In a nutshell, the reset can be viewed as a recovery program, a way for those of us with multiple failures in our past, to break away from some of them, and perhaps to move on. Again, I've rarely felt this positive about a book that speaks of weight loss.
The second thing that was good to read.. This is something that I've been trying to articulate over the years, to people online and at my Weight Watchers meetings but Dr Freedhoff has gone further and been more clear than I could ever dream of being.

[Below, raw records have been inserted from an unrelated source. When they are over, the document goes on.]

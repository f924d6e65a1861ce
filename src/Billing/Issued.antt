-- ===== src/Billing/Issued.antt =====
-- What a checkout that issues an invoice has written (billing.ts, `checkout`).
use cafe_retail_software.Billing.{invoice_of}
use cafe_retail_software.Database.{Database}
use cafe_retail_software.Billing.Tender.{Tendered}
use mathlib.Core.Path.{subst}
use cafe_retail_software.Prelude.Int.{pos}
use cafe_retail_software.Money.Bounds.{amount_limit, scaled_bound, value_decimal}
use cafe_retail_software.Replay.{RequestKey}
use cafe_retail_software.Money.{scaled, Text, decimal}
use cafe_retail_software.Documents.Invoices.{Invoice}
use cafe_retail_software.Security.{Scope}
use cafe_retail_software.Prelude.{
  ℕ, ◌≡◌, ◌≤◌, ◌-◌, ◌<◌, arith, refl, List, Option, ◌++◌, map, ◌∷◌, [], sym, some, modify_first,
  none, ◌∙◌,
}
use cafe_retail_software.Billing.Checkout.{store_invoice, insert_payments}
use cafe_retail_software.Billing.Sale.{Sale, sale_invoice, Occasion, sale_status, stored_payment}
use cafe_retail_software.Result.{ok, ok-injective}
use mathlib.Core.List.{append-nil, append_assoc}
use cafe_retail_software.Result.Pure
use cafe_retail_software.Mongo.{Mongo}

-- The amounts of an invoice that is issued, and its status.
pub record HasAmounts (sale : Sale) (paid_now : ℕ) (invoice : Invoice) : Type 0 where
  pub total_read : scaled invoice.grand_total ≡ ok sale.amount
  pub paid_read : scaled invoice.paid_amount ≡ ok paid_now
  pub due_read : scaled invoice.balance_due ≡ ok (sale.amount - paid_now)
  pub items_of : invoice.items ≡ sale.quoted.items
  pub status_of : invoice.status ≡ sale_status sale.amount paid_now

pub sale_invoice-HasAmounts :
    (scope : Scope) (o : Occasion) (key : RequestKey) (sale : Sale) (id : ℕ) (number : Text)
    (paid_now : ℕ) {invoice : Invoice}
    → scaled sale.quoted.grand_total ≡ ok sale.amount
    → paid_now ≤ sale.amount
    → sale_invoice scope o key sale id number paid_now ≡ ok invoice
    → HasAmounts sale paid_now invoice
      × (invoice.id ≡ id)
      × (invoice.company_id ≡ scope.company.id)
      × (invoice.idempotency_key ≡ key.id)
      × (invoice.request_hash ≡ key.hash)
      × (invoice.branch_id ≡ sale.quoted.branch_id)
unfolding sale_invoice
sale_invoice-HasAmounts scope o key sale id number paid_now total fits h =
    let few : sale.amount < amount_limit = scaled_bound sale.quoted.grand_total total in
    elim (Pure.>>=-eq-ok (decimal (pos paid_now)) _ h) [
      | Pure.ran paid_text printed h1 ↦
          elim (Pure.>>=-eq-ok (decimal (pos (sale.amount - paid_now))) _ h1) [
            | Pure.ran due_text printed_due h2 ↦
                subst
                  (λ (i : Invoice).
                    HasAmounts sale paid_now i
                    × (i.id ≡ id)
                    × (i.company_id ≡ scope.company.id)
                    × (i.idempotency_key ≡ key.id)
                    × (i.request_hash ≡ key.hash)
                    × (i.branch_id ≡ sale.quoted.branch_id))
                  (ok-injective h2)
                  (
                    record {
                      total_read = total;
                      paid_read = value_decimal paid_now (omega arith) printed;
                      due_read = value_decimal (sale.amount - paid_now) (omega arith) printed_due;
                      items_of = refl;
                      status_of = refl;
                    },
                    refl,
                    refl,
                    refl,
                    refl,
                    refl,
                  )
          ]
    ]

-- The invoices after one is issued: it is added, or put in the place of its draft.
abbrev pub with_invoice : Option ℕ → Invoice → List Invoice → List Invoice
with_invoice none invoice rows = rows ++ (invoice ∷ [])
with_invoice (some id) invoice rows =
    modify_first (invoice_of id invoice.company_id) (λ r. invoice) rows

module _ (m : Mongo) where
  -- The payments of an invoice are added in their order.
  pub insert_payments_effect :
      (invoice : Invoice) (branch today : ℕ) (tendered : List Tendered) (s : Database m)
      {t : Database m}
      → insert_payments m invoice branch today tendered s ≡ ok (tt, t)
      → m.docs t.invoice_payments
        ≡ m.docs s.invoice_payments ++ map (stored_payment invoice branch today) tendered
  unfolding insert_payments
  insert_payments_effect invoice branch today [] s {t = t} h =
      subst (λ p. m.docs p.1.invoice_payments ≡ m.docs s.invoice_payments ++ []) (ok-injective h)
        (sym (append-nil (m.docs s.invoice_payments)))
  insert_payments_effect invoice branch today (one ∷ rest) s h =
      let added = m.insert_one (stored_payment invoice branch today one) s.invoice_payments in
      let later =
        insert_payments_effect invoice branch today rest (record s { invoice_payments = added })
          h in
      later
      ∙ rw (m.docs-insert_one (stored_payment invoice branch today one) s.invoice_payments)
          (append_assoc (m.docs s.invoice_payments) _ _)

  pub store_invoice_effect :
      (draft : Option ℕ) (invoice : Invoice) (s : Database m) {t : Database m}
      → store_invoice m draft invoice s ≡ ok (tt, t)
      → m.docs t.invoices ≡ with_invoice draft invoice (m.docs s.invoices)
  unfolding store_invoice
  store_invoice_effect none invoice s h =
      subst (λ p. m.docs p.1.invoices ≡ m.docs s.invoices ++ (invoice ∷ [])) (ok-injective h)
        (m.docs-insert_one invoice s.invoices)
  store_invoice_effect (some id) invoice s h =
      subst
        (λ p.
          m.docs p.1.invoices
          ≡ modify_first (invoice_of id invoice.company_id) (λ r. invoice) (m.docs s.invoices))
        (ok-injective h) (m.docs-update_one _ _ s.invoices)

That human beings rejoice in food. We celebrate with food, we share food, we enjoy it. And that any program that does not allow for that intimate participation in a fundamental part of human culture is bound to fail long term. That doesn't mean we have to eat out lavishly every night, but that celebrating with food is normal, and should not be viewed as obscene and disgusting, as it often is in the ascetic culture of rapid diets (which I'm part of at times!). To me, this mind shift is fundamental, because it acknowledges the shared humanity of fat AND thin people. Despite the mantra in many diet-places, eat like a thin person eats! does not translate to never celebrate your birthday, because thin people never do.
Those two things I was going to high light? Never mind, I'm moving on to a third, though I suppose it's part of the first in some ways.
The goal for weight loss, he says, is to eat as little as you can while still being happy with your life.
And that, my friends, is a fucking dramatic departure from every other book on dieting I have ever read. Happy. With. Your. Life. Dear god, that is NEVER mentioned elsewhere. You're fat, you're supposed to suffer every day, in order to hopefully attain thinness. If you can't suffer long term, it's because of your lack of willpower. And that breeds self contempt. That cycle is what Dr Freedhoff is giving the tools to help us break.
Happy with your life. Be at a weight where you can be happy, that you can happily maintain.